The reason I have emphasized "written" is simply because if you don't write your goals on paper your resolutions are merely dreams. Studies have verified over and over that writing your goals on paper is very powerful.

Let's look at a few sample situations. If you need to get back into jogging, walk as much as possible first. Depending upon your intensity of exercise you could only start with fifteen or twenty minutes. If you already have a certain level of fitness begin with 30 minutes and gradually increase it.

Once you have been walking for a couple of weeks ease back into jogging by rotating walking and running. Walk for just ten minutes and jog for five and so on. As you increase your level of fitness and your discomfort goes away you should increase the jogging until you get back to running for thirty to forty five minutes at a time.

If you have experience with weight training in your past and have taken a hiatus of more than a few months it is necessary to take it slow as you begin to train again.

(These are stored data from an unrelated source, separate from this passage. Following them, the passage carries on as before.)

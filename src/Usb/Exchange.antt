-- ===== src/Usb/Exchange.antt =====
-- The exchange of the two read transfers in src/usb_async.cpp, when libusb takes the one that is
-- submitted and when it refuses.
use libhdcp.Base.{ℕ, ◌≡◌, refl, ap, ◌∙◌, ok, err, [], ◌∷◌, ◌++◌, Option, some, none, libusb_error}
use libhdcp.Base.State.{M, modify, gets, ◌>>=◌, ◌>>◌, >>-ok, >>-err, >>=-ok}
use libhdcp.Interfaces.{Thread}
use libhdcp.Queues.{PacketQueue}
use libhdcp.Usb.Libusb.{Libusb}
use libhdcp.Usb.Device.{WTransfer, without}
use libhdcp.Usb.Device
use libhdcp.Usb.Callbacks.{on_read}
use libhdcp.Usb.Callbacks

module _ (H : Thread) (Q : PacketQueue) (L : Libusb) where
  abbrev State : Type 0
  State = Callbacks.Dev H Q L

  -- The transfer `i` has been submitted.
  abbrev pub submitted : ℕ → State → State
  submitted i s = record s {
    context = (L.submit_transfer i s.context).1;
    in_flight = s.in_flight ++ (i ∷ []);
  }

  pub submit_ok :
      (i : ℕ) (s : State)
      → (L.submit_transfer i s.context).0 ≡ none
      → Device.submit H Q L i s ≡ (ok tt, submitted i s)
  unfolding Device.submit
  submit_ok i s h = rw h refl

  pub submit_err :
      (i n : ℕ) (s : State)
      → (L.submit_transfer i s.context).0 ≡ some n
      → Device.submit H Q L i s
        ≡ (err (libusb_error n), record s { context = (L.submit_transfer i s.context).1 })
  unfolding Device.submit
  submit_err i n s h = rw h refl

  -- The current pointer is the previous one.
  abbrev pub turned : State → State
  turned s = record s { rtransfer_curr = s.rtransfer_prev }

  abbrev keep_previous : Option ℕ → M State (Unit {0})
  keep_previous tmp = modify (λ s. record s { rtransfer_prev = tmp })

  exchange_submits :
      (p : ℕ) (s : State)
      → s.rtransfer_prev ≡ some p
      → Callbacks.exchange H Q L s
        ≡ (Device.submit H Q L p >> keep_previous s.rtransfer_curr) (turned s)
  unfolding Callbacks.exchange
  exchange_submits p s prev =
      >>=-ok (gets (λ t. t.rtransfer_curr) >>= Device.follow H Q L)
        (λ c. Device.submit H Q L c >> keep_previous s.rtransfer_curr) (turned s) (turned s) p
        (ap (λ o. Device.follow H Q L o (turned s)) prev)

  -- The pointers have changed places, and the transfer that is current now is in flight.
  abbrev pub exchanged : ℕ → State → State
  exchanged p s = record (submitted p s) {
    rtransfer_curr = s.rtransfer_prev;
    rtransfer_prev = s.rtransfer_curr;
  }

  pub exchange_ok :
      (p : ℕ) (s : State)
      → s.rtransfer_prev ≡ some p
      → (L.submit_transfer p s.context).0 ≡ none
      → Callbacks.exchange H Q L s ≡ (ok tt, exchanged p s)
  exchange_ok p s prev h =
      exchange_submits p s prev
      ∙ >>-ok (Device.submit H Q L p) (keep_previous s.rtransfer_curr) (turned s)
          (submitted p (turned s)) (submit_ok p (turned s) h)

  -- The submission failed: both pointers are the previous one.
  abbrev pub stuck : ℕ → State → State
  stuck p s = record s {
    context = (L.submit_transfer p s.context).1;
    rtransfer_curr = s.rtransfer_prev;
  }

  pub exchange_err :
      (p n : ℕ) (s : State)
      → s.rtransfer_prev ≡ some p
      → (L.submit_transfer p s.context).0 ≡ some n
      → Callbacks.exchange H Q L s ≡ (err (libusb_error n), stuck p s)
  exchange_err p n s prev h =
      exchange_submits p s prev
      ∙ >>-err (Device.submit H Q L p) (keep_previous s.rtransfer_curr) (turned s) (stuck p s)
          (libusb_error n) (submit_err p n (turned s) h)
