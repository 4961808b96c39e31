-- ===== src/Usb/Reading.antt =====
-- The two read transfers of src/usb_async.cpp: one is read into while the other's bytes are taken.
use libhdcp.Base.{
  ℕ, ◌≡◌, refl, sym, ap, ◌∙◌, ◌≢◌, arith, Result, ok, err, List, [], ◌∷◌, some, none,
}
use mathlib.Core.Path.{subst}
use libhdcp.Base.State.{modify, lift, ◌>>=◌, >>-ok}
use libhdcp.Interfaces.{Thread}
use libhdcp.Packet.Parse.{Packet, from_view}
use libhdcp.Queues.{PacketQueue}
use libhdcp.Usb.Libusb.{Libusb, completed, timed_out}
use libhdcp.Usb.Device.{without}
use libhdcp.Usb.Flight.{times, times-append, times-without, times-without_other}
use libhdcp.Usb.Callbacks.{on_read}
use libhdcp.Usb.Callbacks
use libhdcp.Usb.Exchange

module _ (H : Thread) (Q : PacketQueue) (L : Libusb) where
  abbrev State : Type 0
  State = Callbacks.Dev H Q L

  -- The packet made of the bytes is offered to the queue, or the exception is kept.
  abbrev pub taken : Result Packet → State → State
  taken (ok q) s = record s { read_queue = (Q.try_enqueue q s.read_queue).1 }
  taken (err e) s = record s { eptr = some e }

  take_bytes_lem :
      (bytes : List ℕ) (s : State)
      → Callbacks.keep H Q L (Callbacks.take_bytes H Q L bytes s) ≡ taken (from_view bytes) s
  unfolding Callbacks.take_bytes Callbacks.keep
  take_bytes_lem bytes s = kept (from_view bytes)
    where
      kept :
          (r : Result Packet)
          → Callbacks.keep H Q L (
              (lift r >>= λ p.
              modify (λ t. record t { read_queue = (Q.try_enqueue p t.read_queue).1 }))
                s)
            ≡ taken r s
      kept (ok q) = refl
      kept (err e) = refl

  -- Of the two read transfers, `c` is in flight, once, and `p` is not.
  pub record ReadsInto (c p : ℕ) (s : State) : Type 0 where
    pub curr : s.rtransfer_curr ≡ some c
    pub prev : s.rtransfer_prev ≡ some p
    pub reading : times c s.in_flight ≡ 1
    pub at_rest : times p s.in_flight ≡ 0

  -- The transfer `c` has ended.
  abbrev pub ended : ℕ → State → State
  ended c s = record s { in_flight = without c s.in_flight }

  exchanged-ReadsInto :
      (c p : ℕ) (s : State)
      → ReadsInto c p s
      → ReadsInto p c (Exchange.exchanged H Q L p (ended c s))
  exchanged-ReadsInto c p s r =
      let left = without c s.in_flight in
      let apart : c ≢ p =
        λ e. absurd (omega (arith, r.reading, r.at_rest, ap (λ i. times i s.in_flight) e)) in
      record {
        curr = r.prev;
        prev = r.curr;
        reading =
            times-append p left (p ∷ [])
            ∙ ground (arith, times-without_other c p s.in_flight apart, r.at_rest);
        at_rest =
            times-append c left (p ∷ [])
            ∙ ground (arith, times-without c s.in_flight, r.reading, apart);
      }

  taken-ReadsInto :
      (c p : ℕ) (x : Result Packet) (s : State) → ReadsInto c p s → ReadsInto c p (taken x s)
  taken-ReadsInto c p (ok q) s r = record {
    curr = r.curr;
    prev = r.prev;
    reading = r.reading;
    at_rest = r.at_rest;
  }
  taken-ReadsInto c p (err e) s r = record {
    curr = r.curr;
    prev = r.prev;
    reading = r.reading;
    at_rest = r.at_rest;
  }

  read_completed :
      (p : ℕ) (bytes : List ℕ) (s : State)
      → Callbacks.exchange H Q L s ≡ (ok tt, Exchange.exchanged H Q L p s)
      → Callbacks.read_cb H Q L completed bytes s
        ≡ taken (from_view bytes) (Exchange.exchanged H Q L p s)
  unfolding Callbacks.read_cb Callbacks.read_ended
  read_completed p bytes s e =
      ap (Callbacks.keep H Q L) (
        >>-ok (Callbacks.exchange H Q L) (Callbacks.take_bytes H Q L bytes) s
          (Exchange.exchanged H Q L p s) e)
      ∙ take_bytes_lem bytes (Exchange.exchanged H Q L p s)

  read_timed_out :
      (p : ℕ) (bytes : List ℕ) (s : State)
      → Callbacks.exchange H Q L s ≡ (ok tt, Exchange.exchanged H Q L p s)
      → Callbacks.read_cb H Q L timed_out bytes s ≡ Exchange.exchanged H Q L p s
  unfolding Callbacks.read_cb Callbacks.read_ended Callbacks.keep
  read_timed_out p bytes s e = ap (Callbacks.keep H Q L) e

  -- Where the transfer `c` is in flight and the other is not, and libusb takes the other one when `c`
  -- ends with the bytes `bytes`: the two change roles, so that nothing is written over the bytes
  -- while a packet is made of them; the packet is offered to the queue, or the exception is kept for
  -- the thread. A read that has timed out changes the roles and nothing else.
  pub read_lem :
      (c p : ℕ) (bytes : List ℕ) (s : State)
      → ReadsInto c p s
      → (L.submit_transfer p s.context).0 ≡ none
      → let done = Callbacks.call_back H Q L (on_read c completed bytes) s in
        let late = Callbacks.call_back H Q L (on_read c timed_out bytes) s in
        ReadsInto p c done
        × ReadsInto p c late
        × (done ≡ taken (from_view bytes) late)
        × (late.read_queue ≡ s.read_queue)
        × (late.eptr ≡ s.eptr)
  unfolding Callbacks.call_back
  read_lem c p bytes s r h =
      let e = Exchange.exchange_ok H Q L p (ended c s) r.prev h in
      let later = exchanged-ReadsInto c p s r in
      let done = read_completed p bytes (ended c s) e in
      let late = read_timed_out p bytes (ended c s) e in
      (
        subst (ReadsInto p c) (sym done)
            (taken-ReadsInto p c (from_view bytes) (Exchange.exchanged H Q L p (ended c s)) later),
        subst (ReadsInto p c) (sym late) later,
        done ∙ ap (taken (from_view bytes)) (sym late),
        ap (λ t. t.read_queue) late,
        ap (λ t. t.eptr) late,
      )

When you are lifting weights, if you push too fast too soon you may perhaps wind up damaging supporting tendons and ligaments. The answer is to not to rush in attempting to use the same weights you were using and do less sets.

What I try after a lengthy break is go to the gym and exercise on the stationary bicycle for 15-2o minutes in the beginning to warm my body up. After that, I may choose only one specific body part every day to exercise. If you are an elderly person or have a large frame you may possibly want to stay on this type of exercise program even following your initial break-in period.

Let's look at working out the torso for example. If I were bench pressing 300 pounds prior to my layoff I will begin my first work out with 135 pounds and do 3 or 4 sets of high reps in the 15-20 range. Fine-tune your weights to match your preferences. Afterward I will do 3 sets of flat dumbbell flyes once more with higher reps so as not to put too much stress on my tendons and ligaments.

Follow these same guidelines for all body parts and don't forget to increase the weights and repetitions little by little and inside a month you'll be right back to intense training once more and moving towards your goals - reducing your body fat and learning how to get a six pack.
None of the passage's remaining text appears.